Long-Term Storage (S3 / Data Lake)

Primary Goals: Cost-effective, scalable, durable storage for raw/historical data, enabling flexible ad-hoc queries and batch processing. (e.g., AWS S3).

1. Data Organization: Splitting & Partitioning

  • Strategy: Time-based partitioning is crucial for efficiency.
    • Hierarchy: s3://ad-clicks-data-lake/raw_events/year=YYYY/month=MM/day=DD/hour=HH/
    • Benefit: Enables query pruning (reading only relevant data) and improves manageability/retention policies.
  • File Size: Aim for 128 MB to 1 GB per file to balance parallelism and small file overhead.
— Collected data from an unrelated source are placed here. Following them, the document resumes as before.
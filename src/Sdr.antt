-- ===== src/Sdr.antt =====
-- vcompute/common/scripts/ipmi_sim/sdr.py: the sensors are built from a dump of the SDR repository.
pub mod Fuel
pub mod Reads
pub mod Registry
pub mod Preserved
pub mod Values
pub mod Fresh
pub mod Typed
pub mod Bytes
pub mod Bounded
use idic.Prelude.{
  ℕ, zero, suc, ◌+◌, ◌-◌, Bool, true, false, ◌&&◌, not, Option, none, some, List, [], ◌∷◌, ◌++◌,
  ◌==◌, ltb, if◌then◌else◌, length, get_elem?,
}
use idic.Prelude.Int.{pos}
use idic.Text.{Text, codes, text_eq, hex, words, int_of_text}
use idic.Model.{
  Sensor, new_sensor, Value, absent, number, text, Exec, Done, pure, raise, lift, or_raise, object,
  store, type_error, value_error, index_error, system_exit, ◌>>=◌, ◌>>◌,
}
use idic.Common.{send_ipmitool_command}
use idic.Sensor.Attributes.{
  EventKind, na, threshold, discrete, kind_of, set_mc, set_lun, set_ltm_lb, set_ltm_ub, set_utm_lb,
  set_utm_ub, set_stm, set_rtm, set_su1, set_su2, set_cap, set_event_type, set_m_lb, set_m_ub,
  set_b_lb, set_b_ub, set_accuracy, set_exp, set_unr, set_uc, set_unc, set_lnr, set_lc, set_lnc,
  initialize_sel,
}
use idic.Sensor.Reading.{get_reading_factor}

-- `d[name] = x` for the two kinds of key.
unfoldable pub put_name : Text → ℕ → List (Text × ℕ) → List (Text × ℕ)
unfolding text_eq
put_name k a [] = (k, a) ∷ []
put_name k a ((j, b) ∷ d) = if text_eq j k then (k, a) ∷ d else (j, b) ∷ put_name k a d

unfoldable pub same_key : ℕ × ℕ → ℕ × ℕ → Bool
same_key (i, m) (j, n) = i == j && m == n

unfoldable pub put_id : ℕ × ℕ → ℕ → List ((ℕ × ℕ) × ℕ) → List ((ℕ × ℕ) × ℕ)
unfolding same_key
put_id k a [] = (k, a) ∷ []
put_id k a ((j, b) ∷ d) = if same_key j k then (k, a) ∷ d else (j, b) ∷ put_id k a d

unfoldable pub find_id : ℕ × ℕ → List ((ℕ × ℕ) × ℕ) → Option ℕ
unfolding same_key
find_id k [] = none
find_id k ((j, a) ∷ d) = if same_key j k then some a else find_id k d

-- The new object's address is the size of the heap.
unfoldable pub build_sensors : Text → ℕ → ℕ → Value → ℕ → Exec ℕ
unfolding put_name put_id
build_sensors name ID mc value tp w =
    let a = length w.heap in
    pure a (record w {
      heap = w.heap ++ new_sensor name ID value tp ∷ [];
      sensor_list = w.sensor_list ++ a ∷ [];
      sensor_name_list = w.sensor_name_list ++ name ∷ [];
      sensor_id_list = w.sensor_id_list ++ ID ∷ [];
      sensor_name_map = put_name name a w.sensor_name_map;
      sensor_id_map = put_id (ID, mc) a w.sensor_id_map;
    })

unfoldable pub dump_all_sdrs : Text → Exec Done
dump_all_sdrs file_name = do
  send_ipmitool_command (codes "sdr" ∷ codes "dump" ∷ file_name ∷ [])
  pure tt

-- `parts[i]`
abbrev part : List Text → ℕ → Exec Text
part parts i = lift (or_raise index_error (get_elem? parts i))

unfoldable pub read_value : EventKind → Text → Exec Value
read_value threshold result = do
  value ← part (words result) 0
  n ← lift (or_raise value_error (int_of_text 16 value))
  pure (number n)
read_value discrete result = do
  low ← part (words result) 2
  high ← part (words result) 3
  pure (text (codes "0x" ++ low ++ high))
read_value na result = pure absent

-- A call that fails reads as the int 0, whatever the kind.
unfoldable pub read_sensor_raw_value : ℕ → EventKind → Exec Value
unfolding read_value
read_sensor_raw_value sensor_num event_type = do
  result ←
      send_ipmitool_command (codes "raw" ∷ codes "0x04" ∷ codes "0x2d" ∷ hex (pos sensor_num) ∷ [])
  elim result [ none ↦ pure (number (pos 0)) | some out ↦ read_value event_type out ]

unfoldable pub initial_value : ℕ → ℕ → Exec Value
unfolding read_sensor_raw_value
initial_value sensor_num event_type = elim (kind_of event_type) [
  | na ↦ pure absent
  | threshold ↦ read_sensor_raw_value sensor_num threshold
  | discrete ↦ read_sensor_raw_value sensor_num discrete
]

-- `fd.seek(i); ord(fd.read(1))`: behind the end `ord('')` is a TypeError.
abbrev pub byte_at : List ℕ → ℕ → Exec ℕ
byte_at file i = lift (or_raise type_error (get_elem? file i))

unfoldable pub read_name : List ℕ → ℕ → ℕ → Exec Text
read_name file i zero = pure []
read_name file i (suc n) = do c ← byte_at file i; rest ← read_name file (i + 1) n; pure (c ∷ rest)

-- A setter applied to a byte of the file.
unfoldable pub set_byte : ℕ → (ℕ → Sensor → Sensor) → List ℕ → ℕ → Exec Done
set_byte a setter file i = do x ← byte_at file i; s ← object a; store a (setter x s)

-- The part of a record of type 1 or 2 that precedes its name.
pub record Fields : Type 0 where
  pub mc : ℕ
  pub lun : ℕ
  pub num : ℕ
  pub cap : ℕ
  pub tp : ℕ
  pub event_type : ℕ
  pub value : Value
  pub ltm_lb : ℕ
  pub ltm_ub : ℕ
  pub utm_lb : ℕ
  pub utm_ub : ℕ
  pub rtm : ℕ
  pub stm : ℕ
  pub su1 : ℕ
  pub su2 : ℕ

unfoldable pub read_fields : List ℕ → ℕ → Exec Fields
unfolding initial_value
read_fields file offset = do
  mc ← byte_at file (offset + 5)
  lun ← byte_at file (offset + 6)
  sensor_num ← byte_at file (offset + 7)
  sensor_cap ← byte_at file (offset + 11)
  sensor_type ← byte_at file (offset + 12)
  event_type ← byte_at file (offset + 13)
  sensor_value ← initial_value sensor_num event_type
  sensor_ltm_lb ← byte_at file (offset + 14)
  sensor_ltm_ub ← byte_at file (offset + 15)
  sensor_utm_lb ← byte_at file (offset + 16)
  sensor_utm_ub ← byte_at file (offset + 17)
  sensor_rtm ← byte_at file (offset + 18)
  sensor_stm ← byte_at file (offset + 19)
  sensor_su1 ← byte_at file (offset + 20)
  sensor_su2 ← byte_at file (offset + 21)
  pure (record {
    mc = mc;
    lun = lun;
    num = sensor_num;
    cap = sensor_cap;
    tp = sensor_type;
    event_type = event_type;
    value = sensor_value;
    ltm_lb = sensor_ltm_lb;
    ltm_ub = sensor_ltm_ub;
    utm_lb = sensor_utm_lb;
    utm_ub = sensor_utm_ub;
    rtm = sensor_rtm;
    stm = sensor_stm;
    su1 = sensor_su1;
    su2 = sensor_su2;
  })

-- The name behind `start` bytes, and the object.
unfoldable pub build_named : List ℕ → ℕ → ℕ → ℕ → Fields → Exec ℕ
unfolding read_name build_sensors
build_named file offset record_length start f = do
  name ← read_name file (offset + start) (5 + record_length - start)
  build_sensors name f.num f.mc f.value f.tp

-- The factors and thresholds of a full sensor record.
unfoldable pub read_full : List ℕ → ℕ → ℕ → Exec Done
unfolding set_byte get_reading_factor
read_full file offset a = do
  sensor_m_lb ← byte_at file (offset + 24)
  sensor_m_ub ← byte_at file (offset + 25)
  sensor_b_lb ← byte_at file (offset + 26)
  sensor_b_ub ← byte_at file (offset + 27)
  sensor_acc ← byte_at file (offset + 28)
  sensor_exp ← byte_at file (offset + 29)
  s ← object a
  store a (
      set_exp sensor_exp (
        set_accuracy sensor_acc (
          set_b_ub sensor_b_ub
            (set_b_lb sensor_b_lb (set_m_ub sensor_m_ub (set_m_lb sensor_m_lb s))))))
  set_byte a set_unr file (offset + 36)
  set_byte a set_uc file (offset + 37)
  set_byte a set_unc file (offset + 38)
  set_byte a set_lnr file (offset + 39)
  set_byte a set_lc file (offset + 40)
  set_byte a set_lnc file (offset + 41)
  filled ← object a
  get_reading_factor filled
  pure tt

abbrev set_fields : Fields → Sensor → Sensor
set_fields f s = set_event_type f.event_type (
    set_cap f.cap (
      set_su2 f.su2 (
        set_su1 f.su1 (
          set_rtm f.rtm (
            set_stm f.stm (
              set_utm_ub f.utm_ub (
                set_utm_lb f.utm_lb
                  (set_ltm_ub f.ltm_ub (set_ltm_lb f.ltm_lb (set_lun f.lun (set_mc f.mc s)))))))))))

-- The tail of the loop's body, for both record types.
unfoldable pub finish_sensor : Fields → ℕ → Exec Done
unfolding initialize_sel
finish_sensor f a = do
  s ← object a
  let filled = set_fields f s
  store a filled
  ready ← initialize_sel filled
  store a ready

unfoldable pub parse_sensor : List ℕ → ℕ → ℕ → ℕ → Exec Done
unfolding read_fields build_named read_full finish_sensor
parse_sensor file offset record_type record_length = do
  f ← read_fields file offset
  if record_type == 0x1
      then (do
        a ← build_named file offset record_length 48 f
        read_full file offset a
        finish_sensor f a)
      else do a ← build_named file offset record_length 32 f; finish_sensor f a

-- One record, and the offset of the next.
unfoldable pub parse_record : List ℕ → ℕ → Exec ℕ
unfolding parse_sensor
parse_record file offset = do
  record_type ← byte_at file (offset + 3)
  record_length ← byte_at file (offset + 4)
  if not (record_type == 0x1) && not (record_type == 0x2)
      then pure (offset + (5 + record_length))
      else do parse_sensor file offset record_type record_length; pure (offset + record_length + 5)

-- `while offset < file_size`; false is a loop that ran out of fuel.
unfoldable pub parse_from : ℕ → List ℕ → ℕ → Exec Bool
unfolding parse_record
parse_from zero file offset = pure false
parse_from (suc fuel) file offset =
    if ltb offset (length file)
    then (parse_record file offset >>= parse_from fuel file)
    else pure true

-- `dumped` is the file that the dump leaves, if it leaves one.
unfoldable pub parse_sdrs : Option (List ℕ) → Exec Bool
unfolding dump_all_sdrs parse_from
parse_sdrs dumped = do
  dump_all_sdrs (codes "sdr.bin")
  elim dumped [ none ↦ raise system_exit | some file ↦ parse_from (length file + 1) file 0 ]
2. File Format, Data Model, Compression

  • File Format: Apache Parquet or Apache ORC.
    • Why Columnar:
      • Query Performance: Reads only necessary columns (reduces I/O).
      • Compression: Better ratios (similar data types together).
      • Predicate Pushdown: Skips irrelevant data blocks.
      • Schema Evolution: Supports adding new columns easily.
  • Data Model: Store raw, immutable click events (source of truth).
    • Schema: click_timestamp (LONG), user_id (STRING), ad_id (LONG), ip (STRING), country (STRING), event_id (STRING/Hash).
    • High Cardinality: Raw data here allows filtering on high-cardinality user_id and ip via ad-hoc query engines.
  • Compression: Snappy (good balance) or Zstd (better ratio/speed). Gzip for archives.
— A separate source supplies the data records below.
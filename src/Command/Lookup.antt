-- ===== src/Command/Lookup.antt =====
-- `get_sensor_instance` and the listing of sensors (vcompute/common/scripts/ipmi_sim/command.py).
pub mod Found
use idic.Prelude.{ℕ, Option, none, some, List, [], ◌∷◌, ◌++◌}
use idic.Prelude.Int.{ℤ, pos, negsuc}
use idic.Text.{Text, codes, int_of_text}
use idic.Model.{Exec, Done, pure, gets, object, put_message, ◌>>=◌, ◌>>◌, World}
use idic.Common.{log_error}
use idic.Sensor.Reading.{output_info}
use idic.Sdr.{find_id}

-- A negative number is no key.
abbrev find_sensor : ℤ → ℕ → World → Option ℕ
find_sensor (pos n) mc w = find_id (n, mc) w.sensor_id_map
find_sensor (negsuc n) mc w = none

unfoldable pub found_or_told : Text → Option ℕ → Exec (Option ℕ)
found_or_told str_num none = do
  put_message (codes "sensor: " ++ str_num ++ codes " not exist\n")
  pure none
found_or_told str_num (some a) = pure (some a)

unfoldable pub look_up : Text → Option ℤ → Exec (Option ℕ)
unfolding found_or_told
look_up str_num none = do log_error (codes "illegal sensor id " ++ str_num); pure none
look_up str_num (some sensor_id) = do
  found ← gets (find_sensor sensor_id 0x20)
  found_or_told str_num found

unfoldable pub get_sensor_instance : Text → Exec (Option ℕ)
unfolding look_up
get_sensor_instance str_num = look_up str_num (int_of_text 16 str_num)

-- The line of one sensor.
unfoldable pub put_info : ℕ → Exec Done
put_info a = do s ← object a; info ← output_info s; put_message (info ++ codes "\n")

unfoldable pub output_sensors : List Text → Exec Done
unfolding get_sensor_instance put_info
output_sensors [] = pure tt
output_sensors (str_num ∷ rest) = do
  found ← get_sensor_instance str_num
  elim found [ none ↦ pure tt | some a ↦ (do put_info a; output_sensors rest) ]

unfoldable pub put_infos : List ((ℕ × ℕ) × ℕ) → Exec Done
unfolding put_info
put_infos [] = pure tt
put_infos ((k, a) ∷ rest) = do put_info a; put_infos rest

unfoldable pub dump_all_sensor_info : Exec Done
unfolding put_infos
dump_all_sensor_info = do items ← gets (λ w. w.outside.dict_order w.sensor_id_map); put_infos items

unfoldable pub dump_sensor_info : List Text → Exec Done
unfolding dump_all_sensor_info output_sensors
dump_sensor_info [] = do dump_all_sensor_info; output_sensors []
dump_sensor_info (t ∷ ts) = output_sensors (t ∷ ts)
3. Other Key Considerations

  • Ingestion: Stream processor writes partitioned Parquet/ORC files to S3.
  • Schema Management: Use a Schema Registry (e.g., Confluent Schema Registry) for schema evolution and data quality.
  • Data Catalog: Use a Catalog (e.g., AWS Glue, Hive Metastore) for metadata, allowing query engines (Presto/Trino, Spark SQL) to query S3 data as tables.
  • Idempotency: Ensure writes from the stream processor to S3 are idempotent to prevent duplicates upon retries/failures.
  • Data Lakehouse: Consider Apache Iceberg/Delta Lake/Apache Hudi for future transactional capabilities, schema enforcement, and versioning on top of the lake.